As we anticipate our Columbus Day weekend exodus to Turkey Run, I thought it timely to share some thoughts I found in a recent editorial in Touchstone entitled “Editing Vice & Virtue.” The editorial dealt with the current obsession to remove any reference to historical persons who don’t pass the litmus test of political correctness. And, of course, Christopher Columbus is one of them.

“Currently there is a movement in our country to apply principles of social justice to purge the land of the names of those who do not adequately represent modern values… Of course, there is much silliness associated with dissociating oneself from the past. Students at the University of Pennsylvania removed a large portrait of William Shakespeare from the halls of their English Department and replaced it with a photograph of the black feminist poet Audre Lorde… In the South, anything associated with the Civil War seems to be the target for culture warriors on the left. City parks and statues memorializing the war heroes are being renamed and removed at a rapid pace.

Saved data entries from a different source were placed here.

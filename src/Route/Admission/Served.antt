-- ===== src/Route/Admission/Served.antt =====
-- The routes of the served entries, in one router.
use kraken_d_operator.Base.{
  ℕ, Bool, true, false, List, [], ◌∷◌, ◌++◌, ◌≡◌, refl, ◌∙◌, ap, length, arith, sym,
}
use kraken_d_operator.Route.Entries.{NamespacedName, FlatEndpoint, serving_order}
use kraken_d_operator.Route.Gin.{GinRoute, Gin, RouteRules, engine_with, register_all}
use kraken_d_operator.Route.Gin.Registering.{register_all-append, engine_with-register_all}
use kraken_d_operator.Route.Clashes.{RoutedRoute, RouterClash, routes_of, routed_by}
use kraken_d_operator.Route.Admission.Rule.{routes_at, checked_at, admit_all_rule}
use kraken_d_operator.Route.Admission.{
  State, start, admit_shadowed, serve_entry, refuse_entry, by_clashes, route_losers,
}

routes_of-append : (xs ys : List RoutedRoute) → routes_of (xs ++ ys) ≡ routes_of xs ++ routes_of ys
routes_of-append [] ys = refl
routes_of-append (x ∷ xs) ys = rw (routes_of-append xs ys)

routes_of-routed_by :
    (n : NamespacedName) (routes : List GinRoute) → routes_of (routed_by n routes) ≡ routes
routes_of-routed_by n [] = refl
routes_of-routed_by n (r ∷ routes) = rw (routes_of-routed_by n routes)

module _ (gin : Gin) where
  -- The engine is the one in which gin accepted the served routes, one after the other.
  abbrev pub Holds : State gin → Type 0
  Holds s = register_all gin gin.new (routes_of s.served) ≡ (s.engine, true)

  by_clashes-Holds :
      (rules : RouteRules) (i : ℕ) (fe : FlatEndpoint) (routes : List GinRoute)
      (clashes : List RouterClash) (registered : gin.Engine × Bool) (s : State gin)
      → registered ≡ register_all gin s.engine routes
      → Holds s
      → Holds (by_clashes gin rules i fe routes clashes registered s)
  unfolding by_clashes serve_entry refuse_entry engine_with
  by_clashes-Holds rules i fe routes [] (e, true) s r h =
      rw (routes_of-append s.served (routed_by fe.source routes), routes_of-routed_by)
        (register_all-append gin gin.new s.engine (routes_of s.served) routes h ∙ sym r)
  by_clashes-Holds rules i fe routes [] (e, false) s r h =
      h
      ∙ ap (λ x. (x, true))
          (sym (engine_with-register_all gin gin.new s.engine (routes_of s.served) h))
  by_clashes-Holds rules i fe routes (c ∷ clashes) registered s r h = h

  admit_shadowed-Holds :
      (rules : RouteRules) (fe : FlatEndpoint) (s : State gin)
      → Holds s
      → Holds (admit_shadowed gin rules fe s)
  unfolding admit_shadowed
  admit_shadowed-Holds rules fe s h = ground (arith, h)

  -- In the order in which they were served, gin accepts the routes of all served entries in one
  -- engine, and it is the engine that the resolution ends with.
  pub route_losers-Holds :
      (flat shadowed : List FlatEndpoint) (rules : RouteRules)
      → Holds (route_losers gin flat shadowed rules)
  unfolding route_losers register_all
  route_losers-Holds flat shadowed rules =
      admit_all_rule gin rules (length flat) Holds (λ fe s h. admit_shadowed-Holds rules fe s h)
        (λ i fe s h e.
          by_clashes-Holds rules i fe (routes_at gin rules s fe) _ _ (checked_at gin rules s fe)
            refl h)
        (λ s e h. h) (λ s h. h) (start gin) (serving_order (flat ++ shadowed)) refl
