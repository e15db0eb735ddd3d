-- ===== src/Route/Drop/Counted.antt =====
-- How many entries `dropRouteLosers` leaves out.
use kraken_d_operator.Base.{
  ℕ, suc, ◌+◌, ◌≤◌, none, some, Option-cases, List, [], ◌∷◌, ◌≡◌, inl, inr, refl, length, arith,
}
use kraken_d_operator.Base.Maps.{nat_key, lookup}
use kraken_d_operator.Route.Entries.{source_key, FlatEndpoint, EntryConflict}
use kraken_d_operator.Route.Gin.{Gin, RouteRules}
use kraken_d_operator.Route.Admission.{max_route_refusals, route_losers}
use kraken_d_operator.Route.Admission.Bounds.{route_losers-IsBounded}
use kraken_d_operator.Route.Drop.{
  Conflicts, Losers, report, drop_from, drop_losers, Dropped, drop_route_losers,
}

-- how many of the positions from `i` on are lost
lost_count : ℕ → List FlatEndpoint → Losers → ℕ
lost_count i [] losers = 0
lost_count i (fe ∷ flat) losers =
    let rest = lost_count (suc i) flat losers in
    elim (lookup i losers) [ none ↦ rest | some c ↦ suc rest ]

-- a map entry for a position that is passed makes no difference
lost_count-skip :
    (i j : ℕ) (c : List EntryConflict) (flat : List FlatEndpoint) (losers : Losers)
    → suc j ≤ i
    → lost_count i flat ((j, c) ∷ losers) ≡ lost_count i flat losers
unfolding lost_count
lost_count-skip i j c [] losers h = refl
lost_count-skip i j c (fe ∷ flat) losers h =
    ground (arith, lost_count-skip (suc i) j c flat losers (omega (arith, h)), lookup i losers)

lost_count-cons :
    (i j : ℕ) (c : List EntryConflict) (flat : List FlatEndpoint) (losers : Losers)
    → lost_count i flat ((j, c) ∷ losers) ≤ suc (lost_count i flat losers)
unfolding lost_count
lost_count-cons i j c [] losers = omega arith
lost_count-cons i j c (fe ∷ flat) losers = ground (
  arith,
  lost_count-cons (suc i) j c flat losers,
  (λ (h : suc j ≤ suc i). lost_count-skip (suc i) j c flat losers h),
)

lost_count_le :
    (i : ℕ) (flat : List FlatEndpoint) (losers : Losers) → lost_count i flat losers ≤ length losers
unfolding lost_count
lost_count_le i [] losers = omega arith
lost_count_le i (fe ∷ flat) [] = lost_count_le (suc i) flat []
lost_count_le i (fe ∷ flat) ((j, c) ∷ losers) =
    omega (arith, lost_count-cons i j c (fe ∷ flat) losers, lost_count_le i (fe ∷ flat) losers)

length-drop_from :
    (i : ℕ) (flat : List FlatEndpoint) (losers : Losers) (conflicted : Conflicts)
    → length (drop_from i flat losers conflicted).0 + lost_count i flat losers ≡ length flat
unfolding drop_from lost_count
length-drop_from i [] losers conflicted = refl
length-drop_from i (fe ∷ flat) losers conflicted = elim (Option-cases (lookup i losers)) [
  | inl kept ↦
      rw (kept, drop_from, lost_count)
        (omega (arith, length-drop_from (suc i) flat losers conflicted))
  | inr (c, lost) ↦
      rw (lost, drop_from, lost_count)
        (omega (arith, length-drop_from (suc i) flat losers (report fe.source c conflicted)))
]

drop_losers-lengths :
    (flat : List FlatEndpoint) (losers : Losers) (conflicted : Conflicts)
    → (length (drop_losers flat losers conflicted).0 ≤ length flat)
      × (length flat ≤ length (drop_losers flat losers conflicted).0 + length losers)
drop_losers-lengths flat [] conflicted = (omega arith, omega arith)
drop_losers-lengths flat (l ∷ losers) conflicted =
    let a = length-drop_from 0 flat (l ∷ losers) conflicted in
    let b = lost_count_le 0 flat (l ∷ losers) in (omega (arith, a), omega (arith, a, b))

module _ (gin : Gin) (flat shadowed : List FlatEndpoint) (conflicted : Conflicts)
    (rules : RouteRules) where
  abbrev outcome : Dropped
  outcome = drop_route_losers gin flat shadowed conflicted rules

  -- No entry is added, and at most 21 are left out.
  drop_route_losers-lengths :
      (length outcome.kept ≤ length flat) × (length flat ≤ length outcome.kept + max_route_refusals)
  unfolding drop_route_losers
  drop_route_losers-lengths =
      let b = route_losers-IsBounded gin flat shadowed rules in
      let l = drop_losers-lengths flat (route_losers gin flat shadowed rules).losers conflicted in
      (l.0, omega (arith, l.1, b.0, b.1))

“As Christians, we generally take a somewhat different view of virtue and vice than do those engaged in the renaming movement. We know that all are sinners. Yet we admire those who performed great deeds, in spite of their sins. We see that this is the way God treats his saints.

“Rahab was a prostitute, yet she is honored in the Bible. Moses was a murderer, yet God chose him to lead his people to freedom. King David was an adulterer and murderer, yet he holds highest honors as the poet laureate of the Church… Among the early Christian saints there were many people who acted badly: Peter denied Christ, and Paul persecuted the first Christians (instigated lynchings?)… It is not very often that Christians are named saints and then ‘dethroned’ for their sins, having their statues removed and their names sandblasted off buildings.”

If we don’t repent of our sins and failures, our names may be blotted out of the book of life (Psalm 69:28), but God doesn’t resign us to the dustbin of history if our behavior isn’t perfect. Thankfully His grace covers our sins, our vice is overshadowed by our Savior’s virtue, and He doesn’t deny that we are His beloved sons and daughters.